The TO mode at 283 cm−1 could correspond to tantalum-oxygen (Ta-O) bonds [28]. The resonance feature at 661 cm−1 may be due to Ta-O bonding, along with lanthanum-oxygen (La-O) and aluminum-oxygen (Al-O) bonds [29–33]. The TO mode present at 396 cm−1 can also be ascribed to Al-O and La-O bonding, and that at 437 cm−1 attributed to Al-O [28,32,33]. McDevitt and Baun [28], Sheibley and Fowler [32], and Nyquist and Kagel [33] all report vibrational modes representing Al2O3. Since this specific bonding configuration is not present in the LSAT structure, peaks found at these energies in LSAT may represent particular Al-O bonds. Additionally, Andrews et. al. [29] mentions an Al-O aggregate around 645 cm−1. Strontium-oxygen bonding has been found to be weakly represented in terms of infrared phonon mode absorption [28]. Due to the chemical complexity of LSAT, it is also likely that overlapping features contribute to some of the broader background effects as seen in Fig. 3, the TO peak positions agree well with those seen from infrared reflectance measurements of LSAT by Nuzhnyy et. al. [11]. Due to the complexity of the LSAT unit cell, to the best of our knowledge detailed calculations of its phonon modes have not yet been reported.
The log-scale inset in Fig. 3 displays that there are at least four additional low amplitude absorption features within the infrared range. The frequencies of these features are 563, 783, 856, and 1127 cm−1. The peaks at 563 and 856 cm−1 may correspond to Al-O and La-O bonding [29,30,32,33], while the peak at 783 cm−1 appears to be a somewhat small shoulder of the TO mode at 661 cm−1. The peak at 1127 cm−1 could correspond to Al-O bonding [29].
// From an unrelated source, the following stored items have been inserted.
-- ===== src/Queue/Inv.antt =====
-- The invariant of the queue under its threads: who may touch which slot.
use libchronos.Base.{
  dec_lt, ℕ, ◌+◌, ◌-◌, ◌%◌, ◌^◌, ◌≤◌, ◌<◌, ◌≡◌, ap, true, Option, none, some, arith, ◌⊎◌, inl,
}
use libchronos.Base.Words.{inc64}
use libchronos.Queue.{MpmcQueue, update, diff, is_zero}
use libchronos.Queue.Slots.{slot-add, slot-inj, is_zero-diff}
use libchronos.Queue.Threads.{
  Pc, idle, push_at, push_seen, push_won, push_copied, pop_at, pop_seen, pop_won, pop_copied,
  seq_of,
}

module _ {A : Type 0} (capacity : ℕ) where
  -- The tickets that have been drawn and not been taken are written or being written; those that
  -- have been taken, and not been drawn again, are read or being read.
  pub record IsQueue (m : MpmcQueue A) (log : ℕ → Option A) : Type 0 where
    pub ordered : m.tail ≤ m.head
    pub room : m.head ≤ m.tail + capacity
    pub live :
        (p : ℕ)
        → m.tail ≤ p
        → p < m.head
        → (seq_of capacity m p ≡ p)
          ⊎ ((seq_of capacity m p ≡ p + 1) × (m.data_at (p % capacity) ≡ log p))
    pub taken :
        (p : ℕ)
        → p < m.tail
        → m.head ≤ p + capacity
        → ((seq_of capacity m p ≡ p + 1) × (m.data_at (p % capacity) ≡ log p))
          ⊎ (seq_of capacity m p ≡ p + capacity)
    pub fresh : (p : ℕ) → m.head ≤ p → p < capacity → seq_of capacity m p ≡ p

  -- What the local variables of a thread say about the queue.
  abbrev pub Fits : MpmcQueue A → (ℕ → Option A) → Pc A → Type 0
  Fits m log idle = Unit
  Fits m log (push_at val spot) = spot ≤ m.head
  Fits m log (push_seen val spot seen) = (spot ≤ m.head) × (seen ≤ seq_of capacity m spot)
  Fits m log (push_won val ticket) =
      (m.tail ≤ ticket)
      × (ticket < m.head)
      × (seq_of capacity m ticket ≡ ticket)
      × (log ticket ≡ some val)
  Fits m log (push_copied val ticket) =
      (m.tail ≤ ticket)
      × (ticket < m.head)
      × (seq_of capacity m ticket ≡ ticket)
      × (log ticket ≡ some val)
      × (m.data_at (ticket % capacity) ≡ some val)
  Fits m log (pop_at spot) = spot ≤ m.tail
  Fits m log (pop_seen spot seen) = (spot ≤ m.tail) × (seen ≤ seq_of capacity m spot)
  Fits m log (pop_won ticket) =
      (ticket < m.tail)
      × (m.head ≤ ticket + capacity)
      × (seq_of capacity m ticket ≡ ticket + 1)
      × (m.data_at (ticket % capacity) ≡ log ticket)
  Fits m log (pop_copied ticket val) =
      (ticket < m.tail)
      × (m.head ≤ ticket + capacity)
      × (seq_of capacity m ticket ≡ ticket + 1)
      × (m.data_at (ticket % capacity) ≡ log ticket)
      × (val ≡ log ticket)

-- The ticket whose slot a thread writes, and the one whose slot it reads.
abbrev pub writes : {A : Type 0} → Pc A → Option ℕ
writes (push_won val ticket) = some ticket
writes (push_copied val ticket) = some ticket
writes _ = none

abbrev pub reads : {A : Type 0} → Pc A → Option ℕ
reads (pop_won ticket) = some ticket
reads (pop_copied ticket val) = some ticket
reads _ = none

module _ {A : Type 0} (capacity : ℕ) (two : 2 ≤ capacity) where
  -- The slot of the next ticket to write, and of the next one to read.
  head-seq :
      (m : MpmcQueue A) (log : ℕ → Option A)
      → IsQueue capacity m log
      → ((seq_of capacity m m.head ≡ m.head) × (m.head < m.tail + capacity))
        ⊎ ((capacity ≤ m.head) × (seq_of capacity m m.head ≤ m.head + 1 - capacity))
  head-seq m log v = elim (dec_lt m.head capacity) [
    | yes lt ↦ inl (v.fresh m.head (omega arith) lt, omega arith)
    | no ge ↦ ground (
      arith,
      v.live (m.head - capacity),
      v.taken (m.head - capacity),
      slot-add capacity (m.head - capacity),
      sub_back,
      v.ordered,
      v.room,
    )
  ]
    where
      sub_back : capacity ≤ m.head → (m.head - capacity + capacity) % capacity ≡ m.head % capacity
      sub_back le = ap (λ k. k % capacity) (omega arith)

  tail-seq :
      (m : MpmcQueue A) (log : ℕ → Option A)
      → IsQueue capacity m log
      → seq_of capacity m m.tail ≤ m.tail + 1
  tail-seq m log v = ground (arith, v.live m.tail, v.ordered, head-seq m log v, same)
    where
      same : m.head ≡ m.tail → seq_of capacity m m.head ≡ seq_of capacity m m.tail
      same e = ap (λ k. seq_of capacity m k) e

  -- A thread that wins the compare-exchange finds the slot free, however late it comes.
  pub push_win-free :
      (m : MpmcQueue A) (log : ℕ → Option A) (seen : ℕ)
      → IsQueue capacity m log
      → m.head + capacity < 2 ^ 63
      → seen ≤ seq_of capacity m m.head
      → is_zero (diff seen m.head) ≡ true
      → (seq_of capacity m m.head ≡ m.head) × (m.head < m.tail + capacity)
  push_win-free m log seen v small le z = ground (arith, head-seq m log v, is_zero-diff seen m.head)

  pub pop_win-full :
      (m : MpmcQueue A) (log : ℕ → Option A) (seen : ℕ)
      → IsQueue capacity m log
      → m.head + capacity < 2 ^ 63
      → seen ≤ seq_of capacity m m.tail
      → is_zero (diff seen (inc64 m.tail)) ≡ true
      → (seq_of capacity m m.tail ≡ m.tail + 1)
        × (m.tail < m.head)
        × (m.data_at (m.tail % capacity) ≡ log m.tail)
  pop_win-full m log seen v small le z = ground (
    arith,
    tail-seq m log v,
    head-seq m log v,
    v.ordered,
    v.live m.tail,
    same,
    is_zero-diff seen (inc64 m.tail),
  )
    where
      same : m.head ≡ m.tail → seq_of capacity m m.head ≡ seq_of capacity m m.tail
      same e = ap (λ k. seq_of capacity m k) e

  pub push_win-IsQueue :
      (m : MpmcQueue A) (log : ℕ → Option A) (val : A)
      → IsQueue capacity m log
      → m.head + capacity < 2 ^ 63
      → seq_of capacity m m.head ≡ m.head
      → m.head < m.tail + capacity
      → IsQueue capacity (record m { head = inc64 m.head }) (update log m.head (some val))
  push_win-IsQueue m log val v small free space = record {
    ordered = omega (arith, v.ordered);
    room = omega (arith, v.room);
    live = λ p a b. ground (arith, v.live p, ap (λ k. seq_of capacity m k));
    taken = λ p a b. ground (arith, v.taken p, v.ordered);
    fresh = λ p a b. ground (arith, v.fresh p);
  }

  pub push_copy-IsQueue :
      (m : MpmcQueue A) (log : ℕ → Option A) (val : A) (ticket : ℕ)
      → IsQueue capacity m log
      → m.head + capacity < 2 ^ 63
      → Fits capacity m log (push_won val ticket)
      → IsQueue capacity
          (record m { data_at = update m.data_at (ticket % capacity) (some val) })
          log
  push_copy-IsQueue m log val ticket v small f = record {
    ordered = v.ordered;
    room = v.room;
    live = λ p a b. ground (
      arith,
      v.live p a b,
      f,
      slot-inj capacity p ticket,
      slot-inj capacity ticket p,
      v.room,
      clash p,
    );
    taken = λ p a b. ground (arith, v.taken p a b, f, slot-inj capacity p ticket, v.room, clash p);
    fresh = v.fresh;
  }
    where
      clash :
          (p : ℕ)
          → p % capacity ≡ ticket % capacity
          → seq_of capacity m p ≡ seq_of capacity m ticket
      clash p e = ap m.seq e

  pub push_done-IsQueue :
      (m : MpmcQueue A) (log : ℕ → Option A) (val : A) (ticket : ℕ)
      → IsQueue capacity m log
      → m.head + capacity < 2 ^ 63
      → Fits capacity m log (push_copied val ticket)
      → IsQueue capacity (record m { seq = update m.seq (ticket % capacity) (inc64 ticket) }) log
  push_done-IsQueue m log val ticket v small f = record {
    ordered = v.ordered;
    room = v.room;
    live = λ p a b.
        ground
          (arith, v.live p a b, f, slot-inj capacity p ticket, slot-inj capacity ticket p, v.room);
    taken = λ p a b. ground (arith, v.taken p a b, f, slot-inj capacity p ticket, v.room);
    fresh = λ p a b. ground (arith, v.fresh p a b, f, slot-inj capacity ticket p);
  }

  pub pop_win-IsQueue :
      (m : MpmcQueue A) (log : ℕ → Option A)
      → IsQueue capacity m log
      → m.head + capacity < 2 ^ 63
      → seq_of capacity m m.tail ≡ m.tail + 1
      → m.tail < m.head
      → m.data_at (m.tail % capacity) ≡ log m.tail
      → IsQueue capacity (record m { tail = inc64 m.tail }) log
  pop_win-IsQueue m log v small full some_left value = record {
    ordered = omega (arith, v.ordered);
    room = omega (arith, v.room);
    live = λ p a b. ground (arith, v.live p);
    taken = λ p a b. ground (
      arith,
      v.taken p,
      ap (λ k. seq_of capacity m k),
      ap (λ k. m.data_at (k % capacity)),
      ap log,
    );
    fresh = v.fresh;
  }

  pub pop_done-IsQueue :
      (m : MpmcQueue A) (log : ℕ → Option A) (ticket : ℕ) (val : Option A)
      → IsQueue capacity m log
      → m.head + capacity < 2 ^ 63
      → Fits capacity m log (pop_copied ticket val)
      → IsQueue capacity
          (record m { seq = update m.seq (ticket % capacity) ((ticket + capacity) % 2 ^ 64) })
          log
  pop_done-IsQueue m log ticket val v small f = record {
    ordered = v.ordered;
    room = v.room;
    live = λ p a b. ground (arith, v.live p a b, f, slot-inj capacity ticket p);
    taken = λ p a b. ground (
      arith,
      v.taken p a b,
      f,
      slot-inj capacity p ticket,
      slot-inj capacity ticket p,
      v.ordered,
    );
    fresh = λ p a b. ground (arith, v.fresh p a b, f, slot-inj capacity ticket p);
  }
4. Summary and conclusions
Figure 4 summarizes spectra in ε and N for LSAT over the infrared to ultraviolet range from 0.033 to 5.887 eV (211 nm to 38 μm). Spectra in ε1 in Figs. 1(a) and 4 agree with those reported by Gibbons and Trolier-McKinstry [9] and Hu et. al. [10]. The indirect band gap for LSAT has been identified as 4.72 eV. TO infrared phonon modes possibly due to various chemical bonding in the LSAT structure have been observed at 283, 396, 437, and 661 cm−1 with additional low amplitude features identified at 563, 783, 856, and 1127 cm−1.
Fig. 4 Spectra in (a) ε from 0.033 to 5.887 eV and (b) complex index of refraction, N = n + ik, from 211 nm to 38 μm for LSAT spanning the infrared (solid circles) to near infrared – ultraviolet (open circles) range.
Funding
University of Toledo start-up funds; Ohio Department of Development (ODOD) Ohio Research Scholar Program (Northwest Ohio Innovators in Thin Film Photovoltaics, Grant No. TECH 09-025); Office of Naval Research (ONR) (N00014-11-1-0665); National Science Foundation (NSF) (DMR-1420620).
Acknowledgments
The authors would like to thank Prof. Roman Engel-Herbert at the Pennsylvania State University for supplying the LSAT sample supported by his ONR grant. Prof. Darrell Schlom acknowledges support by the Center for Nanoscale Science, with funding from the NSF MRSEC program (DMR-1420620).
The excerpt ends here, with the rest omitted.